Are you copper deficient or Copper toxic? Get tested and find out. Both spectrum's cause numerous problems.

However, if you're copper deficient, like I am, this is what happens:

-weakens connective tissue (this holds every cell in your together, think about it)

-Adrenaline (epinephrine) stimulates ceruloplasmin release 150% as well as free copper and may be the stress hormone for copper (when you're stressed, copper is wasted)

-copper is needed by the brain and immune system. A deficiency can make you dumb and sick.

-Weakens elastin tissue. This leads to ANEURYSMS, SLIPPED DISCS and HEMORRHOIDS, mitral valve prolapse, varicose veins, distended superficial veins, wrinkles, Marfan syndrome, Ehlers-danlos syndrome.

This is were it gets interesting...

-Copper is needed by the enzyme Tyrosinase. This incorporates tyrosine into melanin pigment and is the reason why copper deficient sheep fail to pigment. Also, grey hairs seems to be caused by this as well. So, if you're really really pale and white, check your copper levels! I suspect I was born copper deficient. My mom has always been pale white and I've suspected a copper deficiency in her for a while.

-Low white blood cell count (neutropenia) is the earliest symptom in copper deficient babies

-The immune system is very sensitive to adequate copper

*-interleukin-2 is reduced by a copper deficiency. IL-2 is needed by the Th1 arm of the immune system. When copper is deficient, Th1 function decreases and Th2 increases!!*

-Low copper decreases antibodies in the spleen and it's action during infection.

-The development of an embryo's nervous system depends upon a copper-containing enzyme called protein kinase C (PKC). (my nervous system is all screwed up!)

-a copper deficiency might increase susceptibility to blood clots.

-Several brain neurotransmitters such as dopamine and norepinephrine are formed and catabolized by copper enzymes such as tyrosine hydroxylase and dopamine-beta-hydroxylase [Tyrer]. (dopamine and norepi. have been found to be low in SAD).

-The brain other than the cerebellum and hypothalamus have these transmitters decreased 30% to 60% in various sectors by a copper deficiency.

-It has been suggested that epilepsy may be caused in babies by a copper deficiency

-A copper deficiency in rats causes the cerebrum to decrease in size and weight, the cortex to become thinner and the corpus striatum atrophy. (This damage is irreversible even with copper supplementation)

-Copper depletion doubled glucose in blood of diabetic rats fed glucose

-Scurvy like bone changes are a long-term result of a copper deficiency

-A copper deficiency has the characteristic of increasing cholesterol in the blood stream

-Too low a zinc status during a copper deficiency can be even more damaging to the heart. . However adding copper without zinc can actually make the situation worse

-This is from Acu-cell

Low Copper intake can increase the risk of high blood cholesterol, coronary heart disease, irregular heartbeat, decreased pigmentation of skin / vitiligo, premature graying hair, hernias, aneurysm (bulging of a blood vessel wall), varicose veins, dermatitis, fatigue, anemia, anorexia, thyroid problems, arthritis and fragile bones, neutropenia (low neutrophils), lowered immunity, poor healing, allergies, mood and nervous disorders

----------------------
Copper Toxicity or excessive copper levels have been associated with physical and mental fatigue, depression and other mental problems, schizophrenia, learning disabilities, hyperactivity / ADD, mood swings (sometimes violent, criminal or psychotic behavior) and general behavioral problems, memory and concentration problems, some dementias, sleep disorders, postpartum depression, increased risk of infections, vascular degeneration, hemangiomas, headaches, arthritis, spinal / muscle / joint aches and pains, and several cancers.

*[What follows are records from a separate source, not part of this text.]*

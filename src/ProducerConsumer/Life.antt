-- ===== src/ProducerConsumer/Life.antt =====
-- The life of the tasklets: their reports, and that each is deleted exactly once.
use libnebula.Prelude.{
  ℕ, ◌≡◌, refl, sym, ap, ap₂, ◌∙◌, Bool, true, false, Option, some, List, [], ◌∷◌, ◌++◌,
  append_assoc, append-nil, map, length, take, drop, take-append-drop,
}
use libnebula.ProducerConsumer.{
  Result, not_available, success, failed, aborted, cancelled, processed, reported, prepared,
  deleted, Log, Tasklet, switch, execute, fetch_tasklet_and_execute, consumer_routine,
  destroy_queue, generate_tasklet_and_dispatch,
}
use libnebula.ProducerConsumer.Flow.{
  quota, report_events, services, drops, preparations, fetch_tasklet_and_execute_lem,
  generate_tasklet_and_dispatch_lem,
}

-- The tasklets deleted in a log, in order.
pub deletions : Log → List ℕ
deletions [] = []
deletions (deleted t ∷ log) = t ∷ deletions log
deletions (processed t ∷ log) = deletions log
deletions (reported t r ∷ log) = deletions log
deletions (prepared t ∷ log) = deletions log

-- The reports of a log, in order.
pub reports : Log → List (ℕ × Result)
reports [] = []
reports (deleted t ∷ log) = reports log
reports (processed t ∷ log) = reports log
reports (reported t r ∷ log) = (t, r) ∷ reports log
reports (prepared t ∷ log) = reports log

deletions-append : (xs ys : Log) → deletions (xs ++ ys) ≡ deletions xs ++ deletions ys
unfolding deletions
deletions-append [] ys = refl
deletions-append (deleted t ∷ xs) ys = ap (λ l. t ∷ l) (deletions-append xs ys)
deletions-append (processed t ∷ xs) ys = deletions-append xs ys
deletions-append (reported t r ∷ xs) ys = deletions-append xs ys
deletions-append (prepared t ∷ xs) ys = deletions-append xs ys

deletions-report_events :
    (t : ℕ) (r : Result) (log : Log) → deletions (report_events t r ++ log) ≡ deletions log
unfolding deletions
deletions-report_events t not_available log = refl
deletions-report_events t success log = refl
deletions-report_events t failed log = refl
deletions-report_events t aborted log = refl
deletions-report_events t cancelled log = refl
deletions-report_events t (Result.other n) log = refl

deletions-services :
    (process : ℕ → Result) (items : List ℕ) → deletions (services process items) ≡ items
unfolding deletions
deletions-services process [] = refl
deletions-services process (t ∷ items) =
    ap deletions (
      append_assoc (prepared t ∷ processed t ∷ report_events t (process t)) (deleted t ∷ [])
        (services process items))
    ∙ deletions-report_events t (process t) (deleted t ∷ services process items)
    ∙ ap (λ l. t ∷ l) (deletions-services process items)

deletions-preparations : (supply : List ℕ) → deletions (preparations supply) ≡ []
unfolding deletions
deletions-preparations [] = refl
deletions-preparations (t ∷ supply) = deletions-preparations supply

deletions-drops : (supply : List ℕ) → deletions (drops supply) ≡ supply
unfolding deletions
deletions-drops [] = refl
deletions-drops (t ∷ supply) = ap (λ l. t ∷ l) (deletions-drops supply)

deletions-destroy_queue :
    (items : List ℕ) (log : Log) → deletions (destroy_queue items log) ≡ deletions log ++ items
unfolding deletions destroy_queue
deletions-destroy_queue [] log = sym (append-nil _)
deletions-destroy_queue (t ∷ items) log =
    deletions-destroy_queue items (log ++ reported t cancelled ∷ deleted t ∷ [])
    ∙ ap (λ l. l ++ items) (deletions-append log _)
    ∙ append_assoc (deletions log) (t ∷ []) items

reports-append : (xs ys : Log) → reports (xs ++ ys) ≡ reports xs ++ reports ys
unfolding reports
reports-append [] ys = refl
reports-append (deleted t ∷ xs) ys = reports-append xs ys
reports-append (processed t ∷ xs) ys = reports-append xs ys
reports-append (reported t r ∷ xs) ys = ap (λ l. (t, r) ∷ l) (reports-append xs ys)
reports-append (prepared t ∷ xs) ys = reports-append xs ys

reports-destroy_queue :
    (items : List ℕ) (log : Log)
    → reports (destroy_queue items log) ≡ reports log ++ map (λ t. (t, cancelled)) items
unfolding reports destroy_queue
reports-destroy_queue [] log = sym (append-nil _)
reports-destroy_queue (t ∷ items) log =
    reports-destroy_queue items (log ++ reported t cancelled ∷ deleted t ∷ [])
    ∙ ap (λ l. l ++ map (λ u. (u, cancelled)) items) (reports-append log _)
    ∙ append_assoc (reports log) ((t, cancelled) ∷ []) (map (λ u. (u, cancelled)) items)

-- The destructor of a queue reports CANCELLED for each item that is left, once and in order, and
-- deletes each once, in order.
destroy_queue_lem :
    (items : List ℕ)
    → (deletions (destroy_queue items []) ≡ items)
      × (reports (destroy_queue items []) ≡ map (λ t. (t, cancelled)) items)
unfolding deletions reports destroy_queue
destroy_queue_lem items = (deletions-destroy_queue items [], reports-destroy_queue items [])

-- From a producer through the queue and a consumer to the queue's destructor, whatever the limits
-- are: each tasklet that was generated is deleted, once, in the order of generation, and none else.
pub deletions-life :
    (process : ℕ → Result) (produce consume : ℕ) (supply : List ℕ)
    → let (made, left, queue, log) = generate_tasklet_and_dispatch produce supply (some []) [] in
      let (served, queue', log') = fetch_tasklet_and_execute process consume queue log in
      (items : List ℕ) × (queue' ≡ some items)
      × (deletions (destroy_queue items log') ≡ take made supply)
deletions-life process produce consume supply =
    let n = quota produce 0 (length supply) in
    let batch = take n supply in
    let k = quota consume 0 (length batch) in
    let log = preparations batch in
    let log' = log ++ services process (take k batch) in
    rw
      (
        (generate_tasklet_and_dispatch_lem produce supply [] []).0,
        (fetch_tasklet_and_execute_lem process consume batch log).0,
      )
      (
        drop k batch,
        refl,
        deletions-destroy_queue (drop k batch) log'
            ∙ ap (λ l. l ++ drop k batch)
                (deletions-append log (services process (take k batch))
                  ∙ ap₂ ◌++◌ (deletions-preparations batch)
                      (deletions-services process (take k batch)))
            ∙ take-append-drop k batch,
      )

-- The values of `process` that `execute` has an arm of its own for, NOT_AVAILABLE aside.
abbrev IsFinal : Result → Type 0
IsFinal not_available = ⊥
IsFinal success = Unit
IsFinal failed = Unit
IsFinal aborted = Unit
IsFinal cancelled = Unit
IsFinal (Result.other n) = ⊥

switched :
    (r : Result) (t : Tasklet) (a : ℕ)
    → IsFinal r
    → ((switch r (t, processed a ∷ [])).0 ≡ record t { result = r })
      × (reports (switch r (t, processed a ∷ [])).1 ≡ (t.address, r) ∷ [])
unfolding reports
switched not_available t a h = absurd h
switched success t a h = (refl, refl)
switched failed t a h = (refl, refl)
switched aborted t a h = (refl, refl)
switched cancelled t a h = (refl, refl)
switched (Result.other n) t a h = absurd h

-- Where `process` returns SUCCESS, FAILED, ABORTED or CANCELLED, `execute` leaves that result in
-- the tasklet and reports it, once.
execute_lem :
    (process : ℕ → Result) (t : Tasklet)
    → IsFinal (process t.address)
    → ((execute process t []).0 ≡ record t { result = process t.address })
      × (reports (execute process t []).1 ≡ (t.address, process t.address) ∷ [])
unfolding execute
execute_lem process t final = switched (process t.address) t t.address final

-- Where `process` returns NOT_AVAILABLE, `execute` leaves the tasklet with SUCCESS, and reports
-- both, one after the other.
execute-not_available :
    (process : ℕ → Result) (t : Tasklet)
    → process t.address ≡ not_available
    → ((execute process t []).0 ≡ record t { result = success })
      × (reports (execute process t []).1 ≡ (t.address, not_available) ∷ (t.address, success) ∷ [])
unfolding execute reports
execute-not_available process t e = rw e (refl, refl)

-- A consumer that nobody told to stop, so that its flag reads 0 first, leaves `routine` without
-- fetching a single tasklet; and one that was told to stop serves the whole queue in each round.
consumer_routine_lem :
    (process : ℕ → Result) (flags : List Bool) (items : List ℕ) (log : Log)
    → (consumer_routine process (false ∷ flags) (some items) log ≡ (some items, log))
      × (consumer_routine process (true ∷ flags) (some items) log
          ≡ consumer_routine process flags (some []) (log ++ services process items))
unfolding consumer_routine
consumer_routine_lem process flags items log = (
  refl,
  ap (λ (r : ℕ × Option (List ℕ) × Log). consumer_routine process flags r.1 r.2)
        (fetch_tasklet_and_execute_lem process 0 items log).0
      ∙ ap₂ (λ (d t : List ℕ). consumer_routine process flags (some d) (log ++ services process t))
          (whole items).1 (whole items).0,
)
  where
    whole : (l : List ℕ) → (take (length l) l ≡ l) × (drop (length l) l ≡ [])
    whole [] = (refl, refl)
    whole (x ∷ l) = (ap (λ t. x ∷ t) (whole l).0, (whole l).1)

Some points to remember. Copper at high doses can become bio-unavailable and result in symptoms of deficiency! Just as high calcium deposits in the soft tissues, copper does something similar, depositing in your eyes and other places.

With most nutrients, toxicities and deficiencies have THE SAME SYMPTOMS, so it's important to get tested before you incorporate it into your regimen.

-


----------



## Beggiatoa (Dec 25, 2004)

There is also a connection between weak adrenals, weak connective tissue, low immunity and copper but I'm still trying to sort it out. Most websites for adrenal function state that supplements that help connective tissue also help the adrenals. In fact, first on their list of recommended supplements to boost adrenal function are the same used to improve connective tissue disorders like magnesium, Lysine, proline, pycnogenol, vitamin c and bioflavonoids.


----------



## X33 (Feb 13, 2005)

I am Xanax deficient, seriously though, is there a test to check for Copper deficiency? I don't remember seeing a copper value on a routine blood test.


----------



## mountain5 (May 22, 2008)

Heh, I was wondering if this was about the poster named copper.


----------



## Beggiatoa (Dec 25, 2004)

X33 said:


> I am Xanax deficient, seriously though, is there a test to check for Copper deficiency? I don't remember seeing a copper value on a routine blood test.


There is. You can check serum ceruloplasmin, free copper and urine copper. Any Doctor will prescribe this test if you ask for it.



mountain5 said:


> Heh, I was wondering if this was about the poster named copper.


Made you look!


----------



## X33 (Feb 13, 2005)

Did you do the test?


----------



## proximo20 (Nov 25, 2006)

He sent his mineral analysis if you remember, what are you trying to disprove now? 

Why do you keep asking easy stuff to us, just google "test copper levels".


----------



## Beggiatoa (Dec 25, 2004)

X33 said:


> Did you do the test?


I don't have medical insurance and I can't get a lab test done without insurance. I tried to use online labs which don't require a prescription but I can't find this test if any of these sites.

I did perform a hair mineral test like proximo mentioned and it showed up copper deficient just as I suspected.

X33, I know you study medicine as well, I'd love to get your thoughts on some of these topics.


----------



## striker (Jun 20, 2008)

My doc asked to drink water from a copper vessel. 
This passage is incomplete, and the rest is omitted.